■ **Your instructions**: Nothing but an exact copy of the records below counts as the answer.

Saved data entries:

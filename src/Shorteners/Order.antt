-- ===== src/Shorteners/Order.antt =====
-- shorteners/shorteners.go: the order of `Sort` is strict and total.
use urlhero.Common.{
  Bool, true, false, not, ◌&&◌, ◌||◌, Option, none, some, [], ◌∷◌, ◌≡◌, refl, arith, Bytes, str_lt,
}
use urlhero.Shorteners.{shorter, bool_eq, less}

pub str_lt_irrefl : (a : Bytes) → str_lt a a ≡ false
unfolding str_lt
str_lt_irrefl [] = refl
str_lt_irrefl (x ∷ a) = ground (arith, str_lt_irrefl a)

pub str_lt_trans : (a b c : Bytes) → str_lt a b ≡ true → str_lt b c ≡ true → str_lt a c ≡ true
unfolding str_lt
str_lt_trans (x ∷ a) (y ∷ b) (z ∷ c) = ground (arith, str_lt_trans a b c)
str_lt_trans [] [] c = ground arith
str_lt_trans [] (y ∷ b) [] = ground arith
str_lt_trans [] (y ∷ b) (z ∷ c) = ground arith
str_lt_trans (x ∷ a) [] c = ground arith
str_lt_trans (x ∷ a) (y ∷ b) [] = ground arith

pub str_lt_total : (a b : Bytes) → str_lt a b ≡ false → str_lt b a ≡ false → a ≡ b
unfolding str_lt
str_lt_total [] [] = ground arith
str_lt_total (x ∷ a) (y ∷ b) = ground (arith, str_lt_total a b)
str_lt_total [] (y ∷ b) = ground arith
str_lt_total (x ∷ a) [] = ground arith

shorter_irrefl : (a : Bytes) → shorter a a ≡ false
shorter_irrefl a = ground (arith, str_lt_irrefl a)

shorter_trans : (a b c : Bytes) → shorter a b ≡ true → shorter b c ≡ true → shorter a c ≡ true
shorter_trans a b c = ground (arith, str_lt_trans a b c)

shorter_total : (a b : Bytes) → shorter a b ≡ false → shorter b a ≡ false → a ≡ b
shorter_total a b h k = ground (arith, str_lt_total a b)

-- generated codes before vanity codes, then `s`
abbrev vanity_last : Bool → Bool → Bool → Bool
vanity_last p q s = (bool_eq p q && s) || (not p && q)

vanity_last_irrefl : (p s : Bool) → s ≡ false → vanity_last p p s ≡ false
vanity_last_irrefl true s = ground arith
vanity_last_irrefl false s = ground arith

vanity_last_trans :
    (p q r s t u : Bool)
    → (s ≡ true → t ≡ true → u ≡ true)
    → vanity_last p q s ≡ true
    → vanity_last q r t ≡ true
    → vanity_last p r u ≡ true
vanity_last_trans true q r s t u = ground arith
vanity_last_trans false q r s t u = ground arith

vanity_last_total :
    (p q s t : Bool)
    → vanity_last p q s ≡ false
    → vanity_last q p t ≡ false
    → (s ≡ false) × (t ≡ false)
vanity_last_total true true s t = ground arith
vanity_last_total true false s t = ground arith
vanity_last_total false true s t = ground arith
vanity_last_total false false s t = ground arith

pub less_irrefl : (v : Option (Bytes → Bool)) (a : Bytes) → less v a a ≡ false
unfolding less
less_irrefl none a = shorter_irrefl a
less_irrefl (some v) a = vanity_last_irrefl (v a) _ (shorter_irrefl a)

pub less_trans :
    (v : Option (Bytes → Bool)) (a b c : Bytes)
    → less v a b ≡ true
    → less v b c ≡ true
    → less v a c ≡ true
unfolding less
less_trans none a b c = shorter_trans a b c
less_trans (some v) a b c = vanity_last_trans (v a) (v b) (v c) _ _ _ (shorter_trans a b c)

pub less_total :
    (v : Option (Bytes → Bool)) (a b : Bytes) → less v a b ≡ false → less v b a ≡ false → a ≡ b
unfolding less
less_total none a b h k = shorter_total a b h k
less_total (some v) a b h k =
    let (h', k') = vanity_last_total (v a) (v b) (shorter a b) (shorter b a) h k in
    shorter_total a b h' k'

■ **Result of the exercise**:
filename src/Shorteners/Order.antt
-- ===== src/Shorteners/Order.antt =====
-- shorteners/shorteners.go: the order of `Sort` is strict and total.
use urlhero.Common.{
  Bool, true, false, not, ◌&&◌, ◌||◌, Option, none, some, [], ◌∷◌, ◌≡◌, refl, arith, Bytes, str_lt,
}
use urlhero.Shorteners.{shorter, bool_eq, less}

pub str_lt_irrefl : (a : Bytes) → str_lt a a ≡ false
unfolding str_lt
str_lt_irrefl [] = refl
str_lt_irrefl (x ∷ a) = ground (arith, str_lt_irrefl a)

pub str_lt_trans : (a b c : Bytes) → str_lt a b ≡ true → str_lt b c ≡ true → str_lt a c ≡ true
unfolding str_lt
str_lt_trans (x ∷ a) (y ∷ b) (z ∷ c) = ground (arith, str_lt_trans a b c)
str_lt_trans [] [] c = ground arith
str_lt_trans [] (y ∷ b) [] = ground arith
str_lt_trans [] (y ∷ b) (z ∷ c) = ground arith
str_lt_trans (x ∷ a) [] c = ground arith
str_lt_trans (x ∷ a) (y ∷ b) [] = ground arith

pub str_lt_total : (a b : Bytes) → str_lt a b ≡ false → str_lt b a ≡ false → a ≡ b
unfolding str_lt
str_lt_total [] [] = ground arith
str_lt_total (x ∷ a) (y ∷ b) = ground (arith, str_lt_total a b)
str_lt_total [] (y ∷ b) = ground arith
str_lt_total (x ∷ a) [] = ground arith

shorter_irrefl : (a : Bytes) → shorter a a ≡ false
shorter_irrefl a = ground (arith, str_lt_irrefl a)

shorter_trans : (a b c : Bytes) → shorter a b ≡ true → shorter b c ≡ true → shorter a c ≡ true
shorter_trans a b c = ground (arith, str_lt_trans a b c)

shorter_total : (a b : Bytes) → shorter a b ≡ false → shorter b a ≡ false → a ≡ b
shorter_total a b h k = ground (arith, str_lt_total a b)

-- generated codes before vanity codes, then `s`
abbrev vanity_last : Bool → Bool → Bool → Bool
vanity_last p q s = (bool_eq p q && s) || (not p && q)

vanity_last_irrefl : (p s : Bool) → s ≡ false → vanity_last p p s ≡ false
vanity_last_irrefl true s = ground arith
vanity_last_irrefl false s = ground arith

vanity_last_trans :
    (p q r s t u : Bool)
    → (s ≡ true → t ≡ true → u ≡ true)
    → vanity_last p q s ≡ true
    → vanity_last q r t ≡ true
    → vanity_last p r u ≡ true
vanity_last_trans true q r s t u = ground arith
vanity_last_trans false q r s t u = ground arith

vanity_last_total :
    (p q s t : Bool)
    → vanity_last p q s ≡ false
    → vanity_last q p t ≡ false
    → (s ≡ false) × (t ≡ false)
vanity_last_total true true s t = ground arith
vanity_last_total true false s t = ground arith
vanity_last_total false true s t = ground arith
vanity_last_total false false s t = ground arith

pub less_irrefl : (v : Option (Bytes → Bool)) (a : Bytes) → less v a a ≡ false
unfolding less
less_irrefl none a = shorter_irrefl a
less_irrefl (some v) a = vanity_last_irrefl (v a) _ (shorter_irrefl a)

pub less_trans :
    (v : Option (Bytes → Bool)) (a b c : Bytes)
    → less v a b ≡ true
    → less v b c ≡ true
    → less v a c ≡ true
unfolding less
less_trans none a b c = shorter_trans a b c
less_trans (some v) a b c = vanity_last_trans (v a) (v b) (v c) _ _ _ (shorter_trans a b c)

pub less_total :
    (v : Option (Bytes → Bool)) (a b : Bytes) → less v a b ≡ false → less v b a ≡ false → a ≡ b
unfolding less
less_total none a b h k = shorter_total a b h k
less_total (some v) a b h k =
    let (h', k') = vanity_last_total (v a) (v b) (shorter a b) (shorter b a) h k in
    shorter_total a b h' k'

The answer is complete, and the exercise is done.